GIVEN DATA:
+===+

-- ===== src/Store/Index.antt =====
-- The index by subject of InMemoryRebacStore in packages/core/src/store.ts and its relationships say
-- the same, after any sequence of its operations.
pub mod Entries
pub mod Agreement
use access_kit.Prelude.{
  ℕ, suc, String, Bool, true, false, not, ◌&&◌, Option, none, some, List, [], ◌∷◌, ◌++◌, ◌≡◌, ◌≢◌,
  refl, sym, ap, subst, ◌∙◌, ◌⊎◌, inl, inr, arith, In, All, All-In, if◌then◌else◌, ◌otherwise◌,
  ◌==◌, eq_iff, Bool-cases, Option-cases, In-append_left, In-append_right, In-append_cases,
  filter_by, filter_by-In, In-filter_by,
}
use access_kit.JsMap
use access_kit.JsMap.{JsMap}
use access_kit.Domain.{CanonicalId, RelationshipTuple, Subject, Resource, TupleStatus}
use access_kit.Store.Graph.{
  Graph, matches_wanted, empty_graph, get_relationship, list_relationships_for_subject,
  list_relationships, add_relationship_to_subject_index, remove_relationship_from_subject_index,
  splice_id, keep_or_delete, RelationshipFilter, unindexed, upsert_relationship,
  delete_relationship, upsert_subject, upsert_resource,
}
use access_kit.Store.Index.Entries.{Index, at_subject}
use access_kit.Store.Index.Agreement.{
  Agree, AgreeBut, IsIndexed, remove-AgreeBut, unknown-AgreeBut, set-Agree,
}

unindexed-AgreeBut :
    (g : Graph) (id : CanonicalId)
    → IsIndexed g
    → AgreeBut g.relationships id (unindexed g (get_relationship g id))
unfolding get_relationship
unindexed-AgreeBut g id h = elim (Option-cases (JsMap.get g.relationships id)) [
  | inl e ↦ rw e (unknown-AgreeBut g.relationships g.relationships_by_subject id h e)
  | inr (r, e) ↦ rw e (removed r e (h.own_id id r e))
]
  where
    removed :
        (r : RelationshipTuple)
        → JsMap.get g.relationships id ≡ some r
        → r.id ≡ id
        → AgreeBut g.relationships id
            (remove_relationship_from_subject_index g.relationships_by_subject r)
    removed r e same =
        subst
          (λ own.
            AgreeBut g.relationships own
              (remove_relationship_from_subject_index g.relationships_by_subject r))
          same
          (remove-AgreeBut g.relationships g.relationships_by_subject r h
            (ap (JsMap.get g.relationships) same ∙ e))

-- Replacing or adding a relationship keeps the index in agreement.
pub upsert_relationship-IsIndexed :
    (g : Graph) (r : RelationshipTuple) → IsIndexed g → IsIndexed (upsert_relationship g r)
unfolding upsert_relationship
upsert_relationship-IsIndexed g r h =
    set-Agree g.relationships (unindexed g (get_relationship g r.id)) r h.unique_ids h.own_id
      (unindexed-AgreeBut g r.id h)

abbrev pub as_deleted : RelationshipTuple → String → RelationshipTuple
as_deleted r at = record r { status = TupleStatus.deleted; updated_at = some at }

-- Of a relationship that the store has, a deletion is the upsert of the tuple with its new status and
-- date of change.
pub delete_relationship-upsert :
    (g : Graph) (id : CanonicalId) (at : String) (r : RelationshipTuple)
    → IsIndexed g
    → get_relationship g id ≡ some r
    → delete_relationship g id at
      ≡ (upsert_relationship g (as_deleted r at), some (as_deleted r at))
unfolding delete_relationship upsert_relationship get_relationship
delete_relationship-upsert g id at r h e =
    rw (e, delete_relationship, ← (h.own_id id r e))
      (rw (ap (JsMap.get g.relationships) (h.own_id id r e) ∙ e, upsert_relationship) refl)

delete_relationship-IsIndexed :
    (g : Graph) (id : CanonicalId) (at : String)
    → IsIndexed g
    → IsIndexed (delete_relationship g id at).0
unfolding delete_relationship
delete_relationship-IsIndexed g id at h = elim (Option-cases (get_relationship g id)) [
  | inl e ↦ rw (e, delete_relationship) h
  | inr (r, e) ↦
      subst (λ (x : Graph × Option RelationshipTuple). IsIndexed x.0)
        (sym (delete_relationship-upsert g id at r h e))
        (upsert_relationship-IsIndexed g (as_deleted r at) h)
]

empty_graph-IsIndexed : IsIndexed empty_graph
unfolding empty_graph JsMap.get
empty_graph-IsIndexed = record {
  unique_ids = tt;
  unique_subjects = tt;
  own_id = λ id r e. absurd (cc);
  sound = λ id r m. absurd m;
  complete = λ r e. absurd (cc);
  once = λ id. tt;
}

-- The graphs that the store's operations make.
pub data Reachable : Graph → Type 0 where
  fresh_store : Reachable empty_graph
  upsert_subject_step : {g : Graph} (s : Subject) → Reachable g → Reachable (upsert_subject g s)
  upsert_resource_step : {g : Graph} (r : Resource) → Reachable g → Reachable (upsert_resource g r)
  upsert_relationship_step :
      {g : Graph} (r : RelationshipTuple) → Reachable g → Reachable (upsert_relationship g r)
  delete_relationship_step :
      {g : Graph} (id : CanonicalId) (at : String)
      → Reachable g
      → Reachable (delete_relationship g id at).0

-- After any sequence of the store's operations the index has under each subject its relationships and
-- no others, each once.
pub Reachable-IsIndexed : (g : Graph) → Reachable g → IsIndexed g
unfolding upsert_subject upsert_resource
Reachable-IsIndexed g fresh_store = empty_graph-IsIndexed
Reachable-IsIndexed g (upsert_subject_step s h) = Reachable-IsIndexed _ h
Reachable-IsIndexed g (upsert_resource_step r h) = Reachable-IsIndexed _ h
Reachable-IsIndexed g (upsert_relationship_step r h) =
    upsert_relationship-IsIndexed _ r (Reachable-IsIndexed _ h)
Reachable-IsIndexed g (delete_relationship_step id at h) =
    delete_relationship-IsIndexed _ id at (Reachable-IsIndexed _ h)

abbrev pub of_subject : String → RelationshipFilter
of_subject id = record { subject_id = some id; object_id = none; relation = none }

-- In a graph that the operations made, the index gives for a subject what a scan of all relationships
-- by that subject gives, if the subject's id is not empty.
pub list_relationships_for_subject-list_relationships :
    (g : Graph) (id : CanonicalId) (r : RelationshipTuple)
    → Reachable g
    → id ≢ ""
    → (In r (list_relationships_for_subject g id) → In r (list_relationships g (of_subject id)))
      × (In r (list_relationships g (of_subject id)) → In r (list_relationships_for_subject g id))
unfolding list_relationships_for_subject list_relationships
list_relationships_for_subject-list_relationships g id r reach some_text = (to_scan, from_scan)
  where
    h : IsIndexed g
    h = Reachable-IsIndexed g reach

    wanted : RelationshipTuple → Bool
    wanted x =
        matches_wanted (some id) x.subject_id
        && (matches_wanted none x.object_id && matches_wanted none x.relation)

    is_wanted : (own : String) → own ≡ id → (matches_wanted (some id) own && true) ≡ true
    is_wanted own same = ground (arith, same, eq_iff own id)

    wants : (own : String) → (matches_wanted (some id) own && true) ≡ true → own ≡ id
    wants own h = ground (arith, h, some_text, eq_iff own id, eq_iff id "")

    to_scan :
        In r (at_subject g.relationships_by_subject id)
        → In r (filter_by wanted (JsMap.values g.relationships))
    to_scan m =
        let (known, subject) = h.sound id r m in
        In-filter_by wanted r (JsMap.values g.relationships)
          (JsMap.get-values g.relationships r.id r known) (is_wanted r.subject_id subject)

    from_scan :
        In r (filter_by wanted (JsMap.values g.relationships))
        → In r (at_subject g.relationships_by_subject id)
    from_scan m =
        let (there, right) = filter_by-In wanted r (JsMap.values g.relationships) m in
        let (key, known) = JsMap.values-get g.relationships r h.unique_ids there in
        subst (λ i. In r (at_subject g.relationships_by_subject i)) (wants r.subject_id right)
          (h.complete r (ap (JsMap.get g.relationships) (h.own_id key r known) ∙ known))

+===+

Lines in the entries above that hold "same" should be counted; give only that count.

5